Swietna historia z tym gitarzystą Jobem Linką, prawie się popłakałem ze śmiechu ;P Bardzo mi się podoba też formuła programu, najpierw wciągająca historia, a na koniec jedna piosenka, dobry pomysł.
Do dzisiaj jestem z Kobietą, która robiła mi koszulki Armii. Do dzisiaj mam te koszulki i jeszcze je noszę. Czarne z białym. Do dzisiaj w Naszym Życiu czarne jest czarne a białe jest białe. Salut!

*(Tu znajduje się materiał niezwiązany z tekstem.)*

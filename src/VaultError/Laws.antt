-- ===== src/VaultError/Laws.antt =====
-- How the classifiers of types/error.rs fit together.
use vault_client_rs.Prelude.{true, false, ◌≡◌, arith}
use vault_client_rs.VaultError.{VaultError, is_retryable, is_auth_error}

-- An error that asks for new credentials is never retried.
pub auth_error-not_retryable : (e : VaultError) → is_auth_error e ≡ true → is_retryable e ≡ false
unfolding is_retryable is_auth_error
auth_error-not_retryable e h = ground arith
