-- ===== src/EventBus/Slots.antt =====
-- The subscriber slots of components/event_bus/event_bus.c: a subscription takes the first free
-- slot, and its slot number gives the slot back.
use modbus_vault.Base.{
  ℕ, ◌+◌, ◌<◌, ◌≡◌, ◌≢◌, ◌⊎◌, inl, inr, refl, sym, ap, ◌∙◌, true, List, [], ◌∷◌, ◌++◌, map, Option,
  none, some, Option-cases, arith, length, length-append, lt→ltb,
}
use modbus_vault.EventBus.{
  Bus, Subscriber, subscribe_from, subscribe, clear_slot, unsubscribe, max_subscribers,
}

module _ {C : Type 0} where
  -- No slot of the list is free.
  abbrev pub AllTaken : List (Subscriber C) → Type 0
  AllTaken [] = Unit {0}
  AllTaken (s ∷ rest) = (s.cb ≢ none) × AllTaken rest

  abbrev pub taken_by : ℕ → C → ℕ → Subscriber C
  taken_by type cb ctx = record { event_type = type; cb = some cb; ctx = ctx }

  -- The list splits at its first free slot.
  abbrev pub FirstFree :
      ℕ → ℕ → C → ℕ → List (Subscriber C) → Option ℕ × List (Subscriber C) → Type 0
  FirstFree idx type cb ctx xs r =
      (before : List (Subscriber C)) × (s : Subscriber C) × (after : List (Subscriber C)) × (xs
        ≡ before ++ s ∷ after)
      × AllTaken before
      × (s.cb ≡ none)
      × (r ≡ (some (idx + length before), before ++ taken_by type cb ctx ∷ after))

  pub subscribe_from-FirstFree :
      (idx type : ℕ) (cb : C) (ctx : ℕ) (xs : List (Subscriber C))
      → FirstFree idx type cb ctx xs (subscribe_from idx type cb ctx xs)
        ⊎ (AllTaken xs × (subscribe_from idx type cb ctx xs ≡ (none, xs)))
  unfolding subscribe_from
  subscribe_from-FirstFree idx type cb ctx [] = inr (tt, refl)
  subscribe_from-FirstFree idx type cb ctx (s ∷ rest) = elim (Option-cases s.cb) [
    | inl vacant ↦ inl ([], s, rest, refl, tt, vacant, ground (arith, vacant))
    | inr (c, taken) ↦ elim (subscribe_from-FirstFree (idx + 1) type cb ctx rest) [
      | inl (before, t, after, parts, full, vacant, eq) ↦ inl (
        s ∷ before,
        t,
        after,
        ap (◌∷◌ s) parts,
        (ground (arith, taken), full),
        vacant,
        ground (arith, taken, eq),
      )
      | inr (full, eq) ↦ inr ((ground (arith, taken), full), ground (arith, taken, eq))
    ]
  ]

  abbrev callbacks : List (Subscriber C) → List (Option C)
  callbacks xs = map (λ s. s.cb) xs

  clear_slot-middle :
      (before after : List (Subscriber C)) (s t : Subscriber C)
      → s.cb ≡ none
      → callbacks (clear_slot (before ++ t ∷ after) (length before))
        ≡ callbacks (before ++ s ∷ after)
  clear_slot-middle [] after s t vacant = ap (λ c. c ∷ callbacks after) (sym vacant)
  clear_slot-middle (b ∷ before) after s t vacant =
      ap (◌∷◌ b.cb) (clear_slot-middle before after s t vacant)

module _ {Q C : Type 0} where
  -- The bus with another list of subscribers.
  abbrev pub with_subscribers : Bus Q C → List (Subscriber C) → Bus Q C
  with_subscribers b xs = record b { subscribers = xs }

  -- The number is that of the first free slot; the others are as before, and the subscriber with
  -- that number can leave again.
  pub record Subscribed (b : Bus Q C) (type : ℕ) (cb : C) (ctx : ℕ) : Type 0 where
    pub before : List (Subscriber C)
    pub vacant : Subscriber C
    pub after : List (Subscriber C)
    pub slots : b.subscribers ≡ before ++ vacant ∷ after
    pub is_first : AllTaken before
    pub is_free : vacant.cb ≡ none
    pub takes :
        subscribe type cb ctx b
        ≡ (some (length before), with_subscribers b (before ++ taken_by type cb ctx ∷ after))
    pub leaves :
        (xs : List (Subscriber C)) × (unsubscribe (length before) (subscribe type cb ctx b).1
          ≡ (true, with_subscribers b xs))
        × (callbacks xs ≡ callbacks b.subscribers)

  -- A subscription to a bus with its 8 slots takes the first free slot, and leaving that slot makes
  -- the callbacks what they were; if no slot is free it fails and changes nothing.
  pub subscribe-Subscribed :
      (b : Bus Q C) (type : ℕ) (cb : C) (ctx : ℕ)
      → length b.subscribers ≡ max_subscribers
      → Subscribed b type cb ctx ⊎ (AllTaken b.subscribers × (subscribe type cb ctx b ≡ (none, b)))
  unfolding subscribe unsubscribe
  subscribe-Subscribed b type cb ctx slots =
      elim (subscribe_from-FirstFree 0 type cb ctx b.subscribers) [
        | inl (before, s, after, parts, full, vacant, eq) ↦
            let zeroes : 0 + length before ≡ length before = omega arith in
            let inside : length before < max_subscribers =
              omega (arith, ap length parts, length-append before (s ∷ after)) in
            inl (record {
              before = before;
              vacant = s;
              after = after;
              slots = parts;
              is_first = full;
              is_free = vacant;
              takes = ground (arith, eq, zeroes);
              leaves = (
                clear_slot (before ++ taken_by type cb ctx ∷ after) (length before),
                ground (arith, eq, lt→ltb (length before) max_subscribers inside),
                clear_slot-middle before after s (taken_by type cb ctx) vacant
                    ∙ ap callbacks (sym parts),
              );
            })
        | inr (full, eq) ↦ inr (full, ground (arith, eq))
      ]
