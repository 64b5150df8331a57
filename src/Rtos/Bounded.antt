-- ===== src/Rtos/Bounded.antt =====
-- A list with a capacity is a queue.
use modbus_vault.Base.{
  ℕ, ◌≤◌, ◌<◌, ◌≡◌, refl, Bool, true, false, List, [], ◌∷◌, ◌++◌, Option, none, some, if◌then◌else◌,
  ltb, length, arith,
}
use modbus_vault.Rtos.{QueueOps, IsQueue}

pub record Bounded (A : Type 0) : Type 0 where
  pub items : List A
  pub capacity : ℕ

module _ {A : Type 0} where
  pub send : Bounded A → A → Bool × Bounded A
  send q a =
      if ltb (length q.items) q.capacity
      then (true, record q { items = q.items ++ a ∷ [] })
      else (false, q)

  abbrev take_first : List A → ℕ → Option A × Bounded A
  take_first [] capacity = (none, record { items = []; capacity = capacity })
  take_first (a ∷ rest) capacity = (some a, record { items = rest; capacity = capacity })

  unfoldable pub bounded : QueueOps (Bounded A) A
  unfolding send
  bounded = record {
    send = send;
    receive = λ q. take_first q.items q.capacity;
    waiting = λ q. length q.items;
  }

  pub send-room :
      (q : Bounded A) (a : A)
      → length q.items < q.capacity
      → ((send q a).0 ≡ true)
        × ((send q a).1.items ≡ q.items ++ a ∷ [])
        × ((send q a).1.capacity ≡ q.capacity)
  unfolding send
  send-room q a h = (ground arith, ground arith, ground arith)

  pub send-full : (q : Bounded A) (a : A) → q.capacity ≤ length q.items → send q a ≡ (false, q)
  unfolding send
  send-full q a h = ground arith

  pub take_first-nil : (q : Bounded A) → q.items ≡ [] → take_first q.items q.capacity ≡ (none, q)
  take_first-nil q h = ground (arith, h)

  pub take_first-cons :
      (q : Bounded A) (a : A) (rest : List A)
      → q.items ≡ a ∷ rest
      → ((take_first q.items q.capacity).0 ≡ some a)
        × ((take_first q.items q.capacity).1.items ≡ rest)
        × ((take_first q.items q.capacity).1.capacity ≡ q.capacity)
  take_first-cons q a rest h = (ground (arith, h), ground (arith, h), ground (arith, h))

  unfoldable pub bounded-IsQueue : IsQueue bounded
  unfolding bounded
  bounded-IsQueue = record {
    items = λ q. q.items;
    capacity = λ q. q.capacity;
    send-room = send-room;
    send-full = send-full;
    receive-nil = take_first-nil;
    receive-cons = take_first-cons;
    waiting-length = λ q. refl;
  }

Dobre historie! Namalowałam ogromnego Don Kichota Picasso na koniu na białych drzwiach kuchennych brązową cuchnącą brązową farbą od taty z garażu, na pamiątkę płyty Legenda. 😊
Jakieś 20 lat temu również namalowałem sobie sam koszulkę Armii z wizerunkiem Indianina na plecach (mam ją do dziś w szafie). Farba akrylowa, kartonowy szablon. Pomimo, że nie bardzo się nadaje już do noszenia nigdy w życiu jej nie wyrzucę 😀
Panie Tomaszu uwielbiam takie wspominki;D Ja robiłem koszulki pisząc i malując po czarnych t-shirtach roztworem wybielacza - smród w całym domu ale koszulki były:D
Proszę to ja dziękuję za te odcinki dużo się dowiedziałem o zespole i z chęcią odkupił bym koszulkę z dedykacją chyba poprawił bym w ramkę i powiesił na sciane masz dar Boży do muzyki jak i do malowania
ładna koszulka, fajna piosenka, super płyta. Szwagier zaprosił mnie na koncert z materiałem z tej płyty, na moją "40", czyli 10 lat temu. Klub "Eskulap" unosił się w powietrzu, ja poleciałem w kosmos.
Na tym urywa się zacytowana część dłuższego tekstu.